From the circle of Stanisław Leszczyński came in 1743 (dated 1733) Głos wolny wolność ubezpieczający (A free voice in defense of freedom), with a comprehensive program of political and social reform. The publication advocated personal freedom for peasants and taking steps to secure their greater economic independence. Stefan Garczyński wrote in 1750 The Anatomy of the Polish Commonwealth, where he strongly criticized the social and economic plight of the lower classes and promoted economic policies based on mercantilism.

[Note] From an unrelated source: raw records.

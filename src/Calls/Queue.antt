-- ===== src/Calls/Queue.antt =====
-- The loops over a queue of types in pass 3 of src/java_codebase_rag/graph/build_ast_graph.py: a type is taken from
-- the queue, skipped if it was visited or is not in the tables, and else visited, and the types next to it join the
-- queue. The loop runs on fuel; each turn takes a type, and Reached shows how many may come.
pub mod Reached
use jrag.Base.{
  ℕ, zero, suc, ◌+◌, Bool, true, false, not, List, [], ◌∷◌, ◌++◌, if◌then◌else◌, ◌||◌, length, Text,
  one_of,
}
use jrag.Calls.{Table, has, keep, TypeEntry}

module _ (types : Table TypeEntry) (next : Text → List Text)
    (join : List Text → List Text → List Text → List Text) where
  -- The types visited, in order, from the visited ones and the queue. `join` has the visited types, the queue and
  -- what joins it.
  unfoldable pub visits : ℕ → List Text → List Text → List Text
  unfolding has one_of
  visits zero visited queue = []
  visits (suc fuel) visited [] = []
  visits (suc fuel) visited (t ∷ queue) =
      let skipped = visits fuel visited queue in
      let visiting = t ∷ visits fuel (t ∷ visited) (join (t ∷ visited) queue (next t)) in
      if one_of t visited || not (has t types) then skipped else visiting

module _ (next : Text → List Text) where
  -- No more than all types next to any type join the queue.
  abbrev pub all_next : Table TypeEntry → ℕ
  all_next [] = 0
  all_next ((t, entry) ∷ types) = length (next t) + all_next types

-- Enough fuel for a queue.
abbrev pub enough : (Text → List Text) → Table TypeEntry → List Text → ℕ
enough next types queue = length queue + all_next next types

-- `for sup in …: if sup not in visited: queue.append(sup)`, with the queue taken from its front
unfoldable pub append_unseen : List Text → List Text → List Text → List Text
unfolding keep one_of
append_unseen seen queue new = queue ++ keep (λ t. not (one_of t seen)) new

-- `queue.extend(…)`, with the queue taken from its front
abbrev pub extend_back : List Text → List Text → List Text → List Text
extend_back seen queue new = queue ++ new

-- `queue.extend(…)`, with the queue taken from its end: its last type stands first
unfoldable pub extend_front : List Text → List Text → List Text → List Text
extend_front seen queue [] = queue
extend_front seen queue (t ∷ ts) = extend_front seen (t ∷ queue) ts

Of special importance were the writings of Stanisław Konarski. Beyond school reform, he fought over many years for reform of the central government and for moral renewal of the noble class, including lessening of the burdens and improving the lot of non-nobility. In his most important work O skutecznym rad sposobie (On an effective way of councils, 1760–63), he unveiled a far-reaching reform program for the Polish parliamentary system and political reorganization of the Commonwealth, which included aiding the monarch with a permanent governing council.

== See also ==

- Polish–Lithuanian Commonwealth
- History of the Polish–Lithuanian Commonwealth (1569–1648)
- History of the Polish–Lithuanian Commonwealth (1764–95)
- History of Poland (1569–1795)

== Notes ==

a.This compromise deal was not truly accepted by Poles, who thought of eastern Ukraine as being wrongfully taken from its, since the Union of Lublin, mother country; by Russians, who since the Treaty of Pereyaslav though of all of Ukraine as rightfully belonging under the Tsardom's rule; and by Ukrainians, who fought for a country of their own.

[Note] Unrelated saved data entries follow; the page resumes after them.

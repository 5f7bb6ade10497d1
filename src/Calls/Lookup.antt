-- ===== src/Calls/Lookup.antt =====
-- The walks over supertypes: `_lookup_method_candidates`, `_is_strict_supertype_of` and
-- `_collapse_supertype_duplicates` of src/java_codebase_rag/graph/build_ast_graph.py. Each loop over a queue runs on
-- fuel, which is enough by the lemmas of Queue/Reached.
pub mod Climb
pub mod Found
use jrag.Base.{
  ℕ, zero, suc, ◌+◌, Bool, true, false, not, Option, none, some, List, [], ◌∷◌, ◌++◌, ◌≡◌,
  if◌then◌else◌, ◌&&◌, ◌||◌, ◌==◌, length, Text, text_of, same_text, one_of, contains,
}
use jrag.Calls.Queue.{visits, enough, append_unseen}
use jrag.Calls.{
  Table, get, has, keep, CallSite, MethodDecl, TypeEntry, MemberEntry, Tables, methods_of,
  direct_supertype_fqns,
}

abbrev outer_text : Option Text → List Text
outer_text none = []
outer_text (some []) = []
outer_text (some (c ∷ cs)) = (c ∷ cs) ∷ []

-- What the loop looks at behind a type: its supertypes, and behind an anonymous class the type around it.
unfoldable pub entry_successors : Tables → Text → TypeEntry → List Text
unfolding contains
entry_successors tables t entry =
    direct_supertype_fqns tables entry
    ++ (if contains (text_of ".<anon:") t then outer_text entry.outer_fqn else [])

abbrev pub of_entry : (TypeEntry → List Text) → Option TypeEntry → List Text
of_entry f none = []
of_entry f (some entry) = f entry

unfoldable pub successors : Tables → Text → List Text
unfolding get entry_successors
successors tables t = of_entry (entry_successors tables t) (get t tables.types)

-- Whether a method answers to the name of the callee.
abbrev pub is_called : Text → MemberEntry → Bool
is_called callee m =
    if same_text callee (text_of "<init>")
    then m.decl.is_constructor
    else not m.decl.is_constructor && same_text m.decl.name callee

abbrev pub has_arity : Option ℕ → MemberEntry → Bool
has_arity none m = false
has_arity (some n) m = length m.decl.parameters == n

-- `collect_on_type` for the visited types: the exact matches and the others, in order
unfoldable pub collect : Tables → Text → Option ℕ → List Text → List MemberEntry × List MemberEntry
unfolding methods_of keep
collect tables callee args [] = ([], [])
collect tables callee args (t ∷ ts) =
    let called = keep (is_called callee) (methods_of t tables.members) in
    let (exact, name_only) = collect tables callee args ts in
    (keep (has_arity args) called ++ exact, keep (λ m. not (has_arity args m)) called ++ name_only)

abbrev pub choose : List MemberEntry × List MemberEntry → List MemberEntry × Bool
choose ([], []) = ([], false)
choose ([], m ∷ ms) = (m ∷ ms, true)
choose (m ∷ ms, name_only) = (m ∷ ms, false)

-- `_lookup_method_candidates`: the candidates and `used_name_only_fallback`
unfoldable pub lookup_method_candidates : Tables → Text → Text → Option ℕ → List MemberEntry × Bool
unfolding visits collect append_unseen successors
lookup_method_candidates tables type_fqn callee args =
    let next = successors tables in
    let queue = type_fqn ∷ [] in
    choose (
      collect tables callee args
        (visits tables.types next append_unseen (enough next tables.types queue) [] queue))

unfoldable pub supertypes : Tables → Text → List Text
unfolding get
supertypes tables t = of_entry (direct_supertype_fqns tables) (get t tables.types)

-- The loop of `_is_strict_supertype_of`
unfoldable pub climbs : Tables → Text → ℕ → List Text → List Text → Bool
unfolding has one_of supertypes
climbs tables super zero visited queue = false
climbs tables super (suc fuel) visited [] = false
climbs tables super (suc fuel) visited (t ∷ queue) =
    let skipped = climbs tables super fuel visited queue in
    let visiting = climbs tables super fuel (t ∷ visited) (queue ++ supertypes tables t) in
    if same_text t super
    then true
    else if one_of t visited || not (has t tables.types)
    then skipped
    else visiting

unfoldable pub is_strict_supertype_of : Tables → Text → Text → Bool
unfolding climbs supertypes
is_strict_supertype_of tables super subtype =
    if same_text super subtype
    then false
    else climbs tables super (enough (supertypes tables) tables.types (supertypes tables subtype))
        [] (supertypes tables subtype)

abbrev pub matches_call : MemberEntry → CallSite → Bool
matches_call m call = elim call.arg_count [ none ↦ true | some n ↦ length m.decl.parameters == n ]

-- The loop body of the two lists; a member is known by its place, so that `c is not concrete` is by position.
abbrev pub is_duplicate : Tables → Text → MemberEntry → MemberEntry → Bool
is_duplicate tables recv concrete c =
    is_strict_supertype_of tables c.parent_fqn recv
    && same_text c.decl.signature concrete.decl.signature

abbrev pub all_allowed : List Text → List MemberEntry → Bool
all_allowed ids [] = true
all_allowed ids (c ∷ cs) = one_of c.node_id ids && all_allowed ids cs

abbrev pub ids_of : List MemberEntry → List Text
ids_of [] = []
ids_of (c ∷ cs) = c.node_id ∷ ids_of cs

abbrev pub collapse_to : MemberEntry → List MemberEntry → List MemberEntry → List MemberEntry
collapse_to concrete [] candidates = candidates
collapse_to concrete (s ∷ ss) candidates =
    if all_allowed (concrete.node_id ∷ ids_of (s ∷ ss)) candidates
    then concrete ∷ []
    else candidates

-- With the candidates of the receiver's own type that match the call. The one candidate is no strict supertype of its
-- own type, so that `c is not concrete` removes nothing.
abbrev pub collapse_on : Tables → Text → List MemberEntry → List MemberEntry → List MemberEntry
collapse_on tables recv (concrete ∷ []) candidates =
    collapse_to concrete (keep (is_duplicate tables recv concrete) candidates) candidates
collapse_on tables recv _ candidates = candidates

-- `_collapse_supertype_duplicates`
unfoldable pub collapse_supertype_duplicates :
    Tables → Text → CallSite → List MemberEntry → List MemberEntry
unfolding keep one_of is_strict_supertype_of
collapse_supertype_duplicates tables recv call [] = []
collapse_supertype_duplicates tables recv call (c ∷ []) = c ∷ []
collapse_supertype_duplicates tables recv call (c ∷ d ∷ cs) =
    collapse_on tables recv
      (keep (λ m. same_text m.parent_fqn recv && matches_call m call) (c ∷ d ∷ cs)) (c ∷ d ∷ cs)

b.Because of the (completed by the first half of the 18th century) Polonization of Ruthenian aristocracy, the Ukrainian people became deprived of their national elites. The noble clans saw their position initially as being allied with the Polish state, but in time assumed its fundamental membership attributes. Ukrainian intellectual elites were restored only during the later part of the 19th century.

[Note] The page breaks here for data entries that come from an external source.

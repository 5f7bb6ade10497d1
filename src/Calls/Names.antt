-- ===== src/Calls/Names.antt =====
-- The types that names stand for: `_resolve_simple`, `_resolve_this_super_field_chain` and `_scope_table` of
-- src/java_codebase_rag/graph/build_ast_graph.py. The loop outwards runs on fuel, one more than the length of the
-- name of the outer type, and each turn takes a shorter one.
pub mod Outwards
use jrag.Base.{
  ℕ, zero, suc, ◌+◌, Bool, true, false, not, Option, none, some, List, [], ◌∷◌, ◌++◌, ◌≡◌,
  if◌then◌else◌, ◌&&◌, ◌||◌, ◌==◌, length, Text, text_of, same_text, one_of, strip,
}
use jrag.Calls.Queue.{visits, enough, extend_front}
use jrag.Calls.Lookup.{supertypes}
use jrag.Calls.{
  Table, get, has, first, Variable, MethodDecl, TypeEntry, MemberEntry, Tables, FileAst, EdgeRow,
  direct_supertype_fqns, first_supertype_fqn,
}

-- `s.split(c, 1)[0]`
unfoldable pub before : ℕ → Text → Text
before c [] = []
before c (d ∷ t) = let rest = before c t in if d == c then [] else d ∷ rest

-- `name.split("<", 1)[0].strip()`
unfoldable pub bare_name : Text → Text
unfolding before
bare_name name = strip (before b'<' name)

abbrev pub dotted : Text → Text → Text
dotted a b = a ++ (b'.' ∷ b)

abbrev pub text_length : Option Text → ℕ
text_length none = 0
text_length (some t) = length t

infixl 5 ◌>>=◌
abbrev pub ◌>>=◌ : {A B : Type 0} → Option A → (A → Option B) → Option B
none >>= f = none
some a >>= f = f a

abbrev pub or_else : {A : Type 0} → Option A → Option A → Option A
or_else (some a) other = some a
or_else none other = other

abbrev pub outer_of : Option TypeEntry → Option Text
outer_of none = none
outer_of (some entry) = entry.outer_fqn

-- `while outer is not None and outer in tables.types`
unfoldable pub nested_in : Table TypeEntry → Text → ℕ → Option Text → Option TypeEntry
unfolding get
nested_in types bare zero outer = none
nested_in types bare (suc fuel) none = none
nested_in types bare (suc fuel) (some o) =
    let further = nested_in types bare fuel (outer_of (get o types)) in
    elim (get o types) [ none ↦ none | some entry ↦ or_else (get (dotted o bare) types) further ]

abbrev parent_of : Option Text → Text → Text
parent_of none p = p
parent_of (some []) p = p
parent_of (some (c ∷ cs)) p = c ∷ cs

abbrev list_or_nil : {A : Type 0} → Option (List A) → List A
list_or_nil none = []
list_or_nil (some l) = l

-- Same-file siblings
abbrev pub sibling : Tables → TypeEntry → Text → Option TypeEntry
sibling tables current bare =
    first
      (λ (e : TypeEntry).
        same_text e.file_path current.file_path
        && same_text (parent_of e.outer_fqn e.package_name)
            (parent_of current.outer_fqn current.package_name))
      (list_or_nil (get bare tables.by_simple_name))

abbrev pub in_package : Tables → Text → Text → Option TypeEntry
in_package tables [] bare = none
in_package tables (c ∷ cs) bare = get (dotted (c ∷ cs) bare) tables.types

unfoldable pub in_wildcards : Tables → Text → List Text → Option TypeEntry
unfolding get
in_wildcards tables bare [] = none
in_wildcards tables bare (w ∷ ws) =
    or_else (get (dotted w bare) tables.types) (in_wildcards tables bare ws)

abbrev pub imported : Tables → Option Text → Option TypeEntry → Option TypeEntry
imported tables (some fq) other = get fq tables.types
imported tables none other = other

abbrev pub resolve_bare : Tables → TypeEntry → FileAst → Text → Option TypeEntry
resolve_bare tables current ast bare =
    or_else (nested_in tables.types bare (suc (text_length current.outer_fqn)) current.outer_fqn) (
      or_else (sibling tables current bare) (
        imported tables (get bare ast.explicit_imports) (
          or_else (in_package tables current.package_name bare)
            (in_wildcards tables bare ast.wildcard_imports))))

abbrev when_text : Text → Option TypeEntry → Option TypeEntry
when_text [] o = none
when_text (c ∷ cs) o = o

-- `_resolve_simple`
unfoldable pub resolve_simple : Tables → TypeEntry → FileAst → Text → Option TypeEntry
unfolding bare_name nested_in first get in_wildcards
resolve_simple tables current ast name =
    when_text (bare_name name) (resolve_bare tables current ast (bare_name name))

-- The scope is a dictionary; a later entry wins.
abbrev pub Scope : Type 0
Scope = Table Text

abbrev note : Text → Option TypeEntry → Scope → Scope
note name none scope = scope
note name (some t) scope = (name, t.fqn) ∷ scope

-- Fields, parameters and locals: each is noted if its type is resolved.
unfoldable pub add_variables : Tables → TypeEntry → FileAst → List Variable → Scope → Scope
unfolding resolve_simple
add_variables tables entry ast [] scope = scope
add_variables tables entry ast (v ∷ vs) scope =
    add_variables tables entry ast vs
      (note v.name (resolve_simple tables entry ast v.type_name) scope)

-- The fields of a supertype, those that the scope has not.
unfoldable pub add_inherited : Tables → TypeEntry → FileAst → List Variable → Scope → Scope
unfolding resolve_simple has
add_inherited tables entry ast [] scope = scope
add_inherited tables entry ast (v ∷ vs) scope = add_inherited tables entry ast vs (
    if has v.name scope
    then scope
    else note v.name (resolve_simple tables entry ast v.type_name) scope)

abbrev inherit : Tables → FileAst → Option TypeEntry → Scope → Scope
inherit tables ast none scope = scope
inherit tables ast (some e) scope = add_inherited tables e ast e.fields scope

-- `add_inherited` for the supertypes that the loop visits.
unfoldable pub inherit_all : Tables → FileAst → List Text → Scope → Scope
unfolding get add_inherited
inherit_all tables ast [] scope = scope
inherit_all tables ast (t ∷ ts) scope =
    inherit_all tables ast ts (inherit tables ast (get t tables.types) scope)

-- The supertypes that the loop visits, which takes the last of the queue first.
unfoldable pub inherited_types : Tables → MemberEntry → TypeEntry → List Text
unfolding visits extend_front supertypes
inherited_types tables m entry =
    let queue = extend_front [] [] (direct_supertype_fqns tables entry) in
    let next = supertypes tables in
    visits tables.types next extend_front (enough next tables.types queue) (m.parent_fqn ∷ []) queue

abbrev scope_of : Tables → FileAst → MemberEntry → Option TypeEntry → Scope
scope_of tables ast m none = []
scope_of tables ast m (some entry) =
    let fields = add_variables tables entry ast entry.fields [] in
    let inherited = inherit_all tables ast (inherited_types tables m entry) fields in
    add_variables tables entry ast m.decl.local_vars
      (add_variables tables entry ast m.decl.parameters inherited)

-- `_scope_table`
unfoldable pub scope_table : Tables → FileAst → MemberEntry → Scope
unfolding get add_variables inherit_all inherited_types
scope_table tables ast m = scope_of tables ast m (get m.parent_fqn tables.types)

-- `s.split(".")`
abbrev onto_first : ℕ → List Text → List Text
onto_first c [] = (c ∷ []) ∷ []
onto_first c (t ∷ ts) = (c ∷ t) ∷ ts

unfoldable pub split_dots : Text → List Text
split_dots [] = [] ∷ []
split_dots (c ∷ t) = let rest = split_dots t in if c == b'.' then [] ∷ rest else onto_first c rest

-- The loop of `_resolve_this_super_field_chain`
unfoldable pub follow_fields : Tables → FileAst → TypeEntry → List Text → Option Text
unfolding first resolve_simple
follow_fields tables ast current [] = some current.fqn
follow_fields tables ast current (f ∷ fs) = do
  v ← first (λ (v : Variable). same_text v.name f) current.fields
  t ← resolve_simple tables current ast v.type_name
  follow_fields tables ast t fs

unfoldable pub has_char : ℕ → Text → Bool
has_char c [] = false
has_char c (d ∷ t) = d == c || has_char c t

abbrev from_super : Tables → Option Text → Option TypeEntry
from_super tables none = none
from_super tables (some sup) = get sup tables.types

abbrev chain_from : Tables → FileAst → MemberEntry → TypeEntry → List Text → Option Text
chain_from tables ast m entry [] = none
chain_from tables ast m entry (root ∷ fs) =
    if same_text root (text_of "this")
    then follow_fields tables ast entry fs
    else if same_text root (text_of "super")
    then (do
      sup ← from_super tables (first_supertype_fqn tables m.parent_fqn)
      follow_fields tables ast sup fs)
    else none

-- `_resolve_this_super_field_chain`
unfoldable pub resolve_this_super_field_chain : Tables → FileAst → MemberEntry → Text → Option Text
unfolding get first_supertype_fqn follow_fields has_char split_dots
resolve_this_super_field_chain tables ast m expr =
    let s = strip expr in
    if has_char b'(' s || (has_char b')' s || not (has_char b'.' s))
    then none
    else (do entry ← get m.parent_fqn tables.types; chain_from tables ast m entry (split_dots s))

c.Before the Khmelnytsky Uprising, the sejmiks of the Kiev Voivodeship and Bratslav Voivodeship deliberated in the majority Ruthenian language, despite the increasing proportion of the Polish and Lithuanian szlachta settled there. Among the one hundred researched Ruthenian noble families from the region, most were opposed to the Union of Brest and almost all fought under Bohdan Khmelnytsky's command.

d.The extreme deterioration of the condition of the Polish and Ruthenian serfs caused the degeneration of their status into a form of slavery, referred to in Polish historiography as wtórna pańszczyzna or wtórne poddaństwo [secondary serfdom]. Peasants were basically free people, capable of upward mobility, until the 15th century. After the early modern precipitous decline, significant improvements in the lives of this large majority of the country's population took place only in the middle and later 19th century, in partitioned Poland.